Rumah Hutan

CERPEN KEN HANGGARA

“Sudah berapa tahun Anda dan keluarga Anda tinggal di hutan? Kalian tidak punya rumah dan kami tidak membiarkan orang-orang seperti Anda mengotori tempat-tempat umum di kota kami yang bersih ini!” kata petugas tersebut.

Aku tidak bisa menjawab pertanyaannya dan akhirnya Ibu pun punya solusi supaya kami bisa cepat-cepat pergi dari tempat itu. Ibu ingat sebuah kota di mana dulu dia lahir dan dibesarkan. Di kota itulah dulu Ibu bertemu Ayah.

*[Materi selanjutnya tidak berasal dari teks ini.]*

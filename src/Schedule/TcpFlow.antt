-- ===== src/Schedule/TcpFlow.antt =====
-- simulator/contrib/basic-sim/helper/apps/tcp-flow-schedule-reader.cc.
use hypatia_multicast.Base.{
  ℕ, ◌+◌, ◌<◌, ◌≡◌, refl, subst, ◌≢◌, true, List, [], ◌∷◌, ◌++◌, Option, some, none, Result, ok,
  err, ◌>>=◌, ◌>>◌, not, for_each, arith, leb, ltb, ◌==◌, invalid_argument, runtime_error, throw_if,
  >>=-eq-ok, Ensures, bind, guarded, returns, for_each-inv,
}
use hypatia_multicast.ExpUtil.Text.{Text, split_string_expecting}
use hypatia_multicast.ExpUtil.Numbers.{parse_positive_int64}
use hypatia_multicast.Schedule.{
  Topology, field, Reading, start_reading, IsSchedule, IsSchedule-append,
}

pub record TcpFlowScheduleEntry : Type 0 where
  pub tcp_flow_id : ℕ
  pub from_node_id : ℕ
  pub to_node_id : ℕ
  pub size_byte : ℕ
  pub start_time_ns : ℕ
  pub additional_parameters : Text
  pub metadata : Text

-- The body of the loop over the lines.
unfoldable pub read_tcp_flow_line :
    Topology → ℕ → Reading TcpFlowScheduleEntry → Text → Result (Reading TcpFlowScheduleEntry)
read_tcp_flow_line topology simulation_end_time_ns r line = do
  comma_split ← split_string_expecting line (b',' ∷ []) 7
  id_text ← field comma_split 0
  tcp_flow_id ← parse_positive_int64 id_text
  throw_if (not (tcp_flow_id == r.line_counter)) invalid_argument
  from_text ← field comma_split 1
  from_node_id ← parse_positive_int64 from_text
  to_text ← field comma_split 2
  to_node_id ← parse_positive_int64 to_text
  size_text ← field comma_split 3
  size_byte ← parse_positive_int64 size_text
  start_text ← field comma_split 4
  start_time_ns ← parse_positive_int64 start_text
  additional_parameters ← field comma_split 5
  metadata ← field comma_split 6
  throw_if (ltb start_time_ns r.prev_start_time_ns) invalid_argument
  throw_if (from_node_id == to_node_id) invalid_argument
  throw_if (not (topology.is_valid_endpoint from_node_id)) invalid_argument
  throw_if (not (topology.is_valid_endpoint to_node_id)) invalid_argument
  throw_if (leb simulation_end_time_ns start_time_ns) invalid_argument
  ok (record {
    schedule =
        r.schedule
        ++ record {
          tcp_flow_id = tcp_flow_id;
          from_node_id = from_node_id;
          to_node_id = to_node_id;
          size_byte = size_byte;
          start_time_ns = start_time_ns;
          additional_parameters = additional_parameters;
          metadata = metadata;
        }
          ∷ [];
    line_counter = r.line_counter + 1;
    prev_start_time_ns = start_time_ns;
  })

unfoldable pub read_tcp_flow_schedule :
    Option (List Text) → Topology → ℕ → Result (List TcpFlowScheduleEntry)
unfolding for_each read_tcp_flow_line split_string_expecting parse_positive_int64
read_tcp_flow_schedule none topology simulation_end_time_ns = err runtime_error
read_tcp_flow_schedule (some lines) topology simulation_end_time_ns = do
  r ← for_each (read_tcp_flow_line topology simulation_end_time_ns) start_reading lines
  ok r.schedule

-- What holds of each entry.
pub record IsTcpFlow (topology : Topology) (end_time : ℕ) (e : TcpFlowScheduleEntry) : Type 0 where
  pub distinct : e.from_node_id ≢ e.to_node_id
  pub from_endpoint : topology.is_valid_endpoint e.from_node_id ≡ true
  pub to_endpoint : topology.is_valid_endpoint e.to_node_id ≡ true
  pub before_end : e.start_time_ns < end_time

abbrev pub IsTcpFlowSchedule : Topology → ℕ → ℕ → ℕ → List TcpFlowScheduleEntry → ℕ → ℕ → Type 0
IsTcpFlowSchedule topology end_time =
    IsSchedule (λ (e : TcpFlowScheduleEntry). e.tcp_flow_id) (λ e. e.start_time_ns)
      (IsTcpFlow topology end_time)

read_line-ReadsSchedule :
    (topology : Topology) (end_time : ℕ) (r : Reading TcpFlowScheduleEntry) (line : Text)
    → IsTcpFlowSchedule topology end_time 0 0 r.schedule r.line_counter r.prev_start_time_ns
    → Ensures
        (λ (q : Reading TcpFlowScheduleEntry).
          IsTcpFlowSchedule topology end_time 0 0 q.schedule q.line_counter q.prev_start_time_ns)
        (read_tcp_flow_line topology end_time r line)
unfolding read_tcp_flow_line
read_line-ReadsSchedule topology end_time r line h =
    bind (split_string_expecting line (b',' ∷ []) 7) _ λ split _. bind (field split 0) _ λ t0 _.
      bind (parse_positive_int64 t0) _ λ ident _.
        guarded (not (ident == r.line_counter)) invalid_argument _ λ numbered.
          bind (field split 1) _ λ t1 _. bind (parse_positive_int64 t1) _ λ from _.
            bind (field split 2) _ λ t2 _. bind (parse_positive_int64 t2) _ λ to _.
              bind (field split 3) _ λ t3 _. bind (parse_positive_int64 t3) _ λ size _.
                bind (field split 4) _ λ t4 _. bind (parse_positive_int64 t4) _ λ start _.
                  bind (field split 5) _ λ t5 _. bind (field split 6) _ λ t6 _.
                    guarded (ltb start r.prev_start_time_ns) invalid_argument _ λ ascending.
                      guarded (from == to) invalid_argument _ λ apart.
                        guarded (not (topology.is_valid_endpoint from)) invalid_argument _
                          λ from_ok.
                            guarded (not (topology.is_valid_endpoint to)) invalid_argument _
                              λ to_ok. guarded (leb end_time start) invalid_argument _ λ before.
                                returns _ (
                                  IsSchedule-append (λ (e : TcpFlowScheduleEntry). e.tcp_flow_id)
                                    (λ e. e.start_time_ns) (IsTcpFlow topology end_time) 0 0
                                    r.schedule r.line_counter r.prev_start_time_ns _ h
                                    (ground arith) (ground arith)
                                    (record {
                                      distinct = ground arith;
                                      from_endpoint = ground arith;
                                      to_endpoint = ground arith;
                                      before_end = ground arith;
                                    }))

-- A schedule that the reader returns has the ids 0, 1, 2, ..., its start times ascend weakly, and
-- each flow joins two distinct valid endpoints and starts before the end of the simulation.
pub read_tcp_flow_schedule-IsTcpFlowSchedule :
    (topology : Topology) (end_time : ℕ) (lines : List Text) (schedule : List TcpFlowScheduleEntry)
    → read_tcp_flow_schedule (some lines) topology end_time ≡ ok schedule
    → (k p : ℕ) × IsTcpFlowSchedule topology end_time 0 0 schedule k p
unfolding read_tcp_flow_schedule
read_tcp_flow_schedule-IsTcpFlowSchedule topology end_time lines schedule e =
    let (r, e1, e2) =
      >>=-eq-ok (for_each (read_tcp_flow_line topology end_time) start_reading lines) _ e in
    let h =
      (for_each-inv _ (read_tcp_flow_line topology end_time)
          (λ q line hq. read_line-ReadsSchedule topology end_time q line hq) start_reading lines
          (refl, refl)).holds
        r e1 in
    let same : r.schedule ≡ schedule = cc in
    (
      r.line_counter,
      r.prev_start_time_ns,
      subst (λ es. IsTcpFlowSchedule topology end_time 0 0 es r.line_counter r.prev_start_time_ns)
          same h,
    )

“Tetapi sudah puluhan tahun Ibu tidak ke sana,” keluhnya, setelah beberapa lama ia terdiam.

Lalu Ibu pun menghampiri beberapa petugas dan memohon sesuatu kepada mereka. Aku tidak mendengar pembicaraan mereka, tetapi akhirnya orang-orang itu membiarkan kami pergi. Bahkan mereka mengantar kami ke sebuah stasiun dengan memberi bekal uang satu dompet.

Kami juga diberikan surat keterangan yang menjelaskan betapa kami bukan orang-orang jahat dan kebetulan saja kami kehilangan kartu identitas. Aku tidak tahu apa yang Ibu lakukan untuk mendapat semua kemudahan ini. Aku juga tidak berani bertanya, karena Ibu tampak sangat marah begitu meninggalkan kantor polisi.

Belakangan aku tahu, setelah kami naik kereta dan pindah ke kota kedua dan ketiga serta keempat, betapa di kantor polisi tempo hari Ibu memberikan sesuatu yang berharga dari dirinya untuk oknum, orang-orang bejat itu. Aku tidak lagi bertanya karena aku sendiri tahu soal itu dari igauan Ibu di saat dia tertidur dan mungkin mengalami mimpi buruk. Dapat kubayangkan, memang benar kehidupan modern ini begitu kejam dan tidak cocok untuk kami.

Di kota-kota lain kami tidak sampai mengalami hal seperti di kota pertama, sebab Ibu punya cara supaya kami semua mendapat semacam kartu pengenal palsu. Kami membuatnya dengan cara membayar orang-orang tertentu, yang entah dari mana Ibu kenal, dengan uang dari para polisi tempo hari.

Lihat juga...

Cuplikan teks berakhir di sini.